‘Restless’ Volcano Study to Include Kilauea
The National Science Foundation will provide the University of Hawai’i at Manoa with $1.2 million in funding as part of a six-university collaboration with the Volcano Hazards Program of the United States Geological Survey, studying volcanic crises at Kilauea, as well as at Long Valley in California.
“The goal is to improve our relationship with ‘restless,’ potentially dangerous, active volcanoes in the United States,” said Kilauea project lead Bruce Houghton, the Gordon A. Macdonald Professor of Volcanology at UHM and Hawai‘i State Volcanologist. “Moderate to large volcanic eruptions in this country are infrequent but long-lasting and high-consequence events with multiple hazards.”

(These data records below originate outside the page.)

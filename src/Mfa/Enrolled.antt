-- ===== src/Mfa/Enrolled.antt =====
-- services/mfa.service.ts: a setup that is begun can be finished, by `verifyAndEnable` with a code that
-- fits the secret which `setup` has shown.
use nest_auth.Prelude.{◌≡◌, refl, ◌∙◌, ap, sym, true, false, none, some, Text, map, ok}
use nest_auth.Totp.{verify_totp}
use nest_auth.Users.{Account, with_mfa}
use nest_auth.Mfa.{Server, State, Decrypted, fetch_user_for_context, decrypt_with_rotation}
use nest_auth.Mfa.Codes.{scoped_replay_key, legacy_replay_key}
use nest_auth.Mfa.Replay.{unmarked}
use nest_auth.Mfa.Locking.{is_held}
use nest_auth.Mfa.Setup.{MfaSetupResult, SetupRequest, key_of, setup}
use nest_auth.Mfa.Shown.{setup_inv}
use nest_auth.Mfa.Drawn.{CanEncrypt, first_setup-Kept}
use nest_auth.Mfa.Enabling.{Enablement, enabling_write, verify_and_enable}
use nest_auth.Mfa.EnablingRuns.{verify_and_enable-done}

-- The request that finishes a setup.
abbrev pub confirmation : SetupRequest → Text → Text → Enablement
confirmation r code lock_token = record {
  user_id = r.user_id;
  code = code;
  context = r.context;
  tenant_id = r.tenant_id;
  lock_token = lock_token;
}

module _ (server : Server) where
  open server use {env, clock, to_upper_case, hmac_sha1, totp_window}
  open server.env use {redis, hmac, hmac_key}
  open server.env.redis use {Store, get}

  -- Where a setup goes through with nothing kept before, and what it draws can be encrypted, then
  -- on every later state that still holds its record, and in which the account is found without a
  -- second factor, verifyAndEnable succeeds with every code that fits the secret that was shown,
  -- where neither mark of the code and neither lock of the account stands; the account then has
  -- the secret that was shown and the digests of the recovery codes that were shown, and the
  -- record of the setup is gone.
  pub setup-enrols :
      (r : SetupRequest) (w w' v : State server) (shown : MfaSetupResult) (user : Account)
      (code lock_token : Text)
      → CanEncrypt server r
      → setup server r w ≡ (ok shown, w')
      → get w.store (key_of server r) ≡ none
      → get v.store (key_of server r) ≡ get w'.store (key_of server r)
      → fetch_user_for_context server r.context r.user_id r.tenant_id v.users ≡ ok user
      → user.safe.mfa_enabled ≡ false
      → verify_totp to_upper_case hmac_sha1 clock.now shown.secret code totp_window ≡ some true
      → unmarked redis
          (scoped_replay_key server r.context r.user_id r.tenant_id code)
          (legacy_replay_key server r.context r.user_id code)
          v.store
        ≡ true
      → is_held server r.context r.user_id r.tenant_id v.store ≡ false
      → let run = verify_and_enable server (confirmation r code lock_token) v in
        (run.0 ≡ ok tt)
        × (user' : Account) × (encrypted : Text) × (d : Decrypted) × (fetch_user_for_context server
              r.context r.user_id r.tenant_id run.1.users
            ≡ ok user')
        × (user'.safe.mfa_enabled ≡ true)
        × (user'.mfa_secret ≡ some encrypted)
        × (decrypt_with_rotation server encrypted ≡ some d)
        × (d.secret ≡ shown.secret)
        × (user'.mfa_recovery_codes ≡ some (map (λ c. hmac c hmac_key) shown.recovery_codes))
        × (get run.1.store (key_of server r) ≡ none)
  setup-enrols r w w' v shown user code lock_token can h fresh stands fetched off fit is_new free =
      let (old, u, fits, _, _, _, same, begun) = setup_inv server r w w' shown h in
      let (raw, k, stood, _, hashed) =
        first_setup-Kept server r old u w' shown can (same ∙ fresh) (rw fresh at begun) in
      let e = confirmation r code lock_token in
      let fit' : verify_totp to_upper_case hmac_sha1 clock.now k.secret.secret code totp_window
          ≡ some true =
        rw k.same_secret at fit in
      let (done, read, gone) =
        verify_and_enable-done server e v user raw k.kept k.secret fits fetched off (stands ∙ stood)
          k.parsed k.opened fit' is_new free in
      (
        done,
        with_mfa (enabling_write k.kept) user,
        k.kept.encrypted_secret,
        k.secret,
        read,
        refl,
        refl,
        k.opened,
        sym k.same_secret,
        ap some hashed,
        gone,
      )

Houghton, who along with geologist Chris Gregg and Professor Karl Kim will lead the project at UHM’s National Disaster Preparedness Training Center, says that volcanic crises have a swarm of volcanological, engineering, human, planning human, planning and economic issues. These issues, he says, have very high levels of uncertainty in all types of data.
“The uncertainties in how the volcano, the community and decision-making institutions will behave can turn events into crises and sometimes disasters,” noted Houghton.
As a result of the costs of volcanic crises, they are often out of proportion compared to the magnitude of the parent eruption.
Scientist-in-Charge at the USGS Hawaiian Volcano Observatory, Christina Neal, emphasized the excitement revolving around the program not only for science based insights but also for communication improvements.
“This exciting, multi-disciplinary program will provide important new insights into how hazardous volcanic processes and complex volcanic systems behave,” said Neal. “Moreover, the integration of this scientific understanding with results from novel social science investigations will improve the ways we communicate information to those at risk.”
A main emphasis point of the project is in the recruitment of graduate students and young researchers who may be interested in interdisciplinary hazard research, and to mold them into the next generation of volcanologists and hazard researchers in the United States.
Researcher “in training” so to speak, will spend time split between a home university and either USGS HVO or the USGS California Volcano Observatory in Menlo Park, California.
Interactions with state and county management, and the Federal Emergency Management Agency will be linked into the project. The study will also strengthen the partnership between the USGS HVO and the UHM Department of Geology and Geophysics.
The study composed of seven institutions will be led by the University at Buffalo, and will also include the University of California – Berkeley, University of Washington, Duke and Marquette Universities, along with UHM and USGS.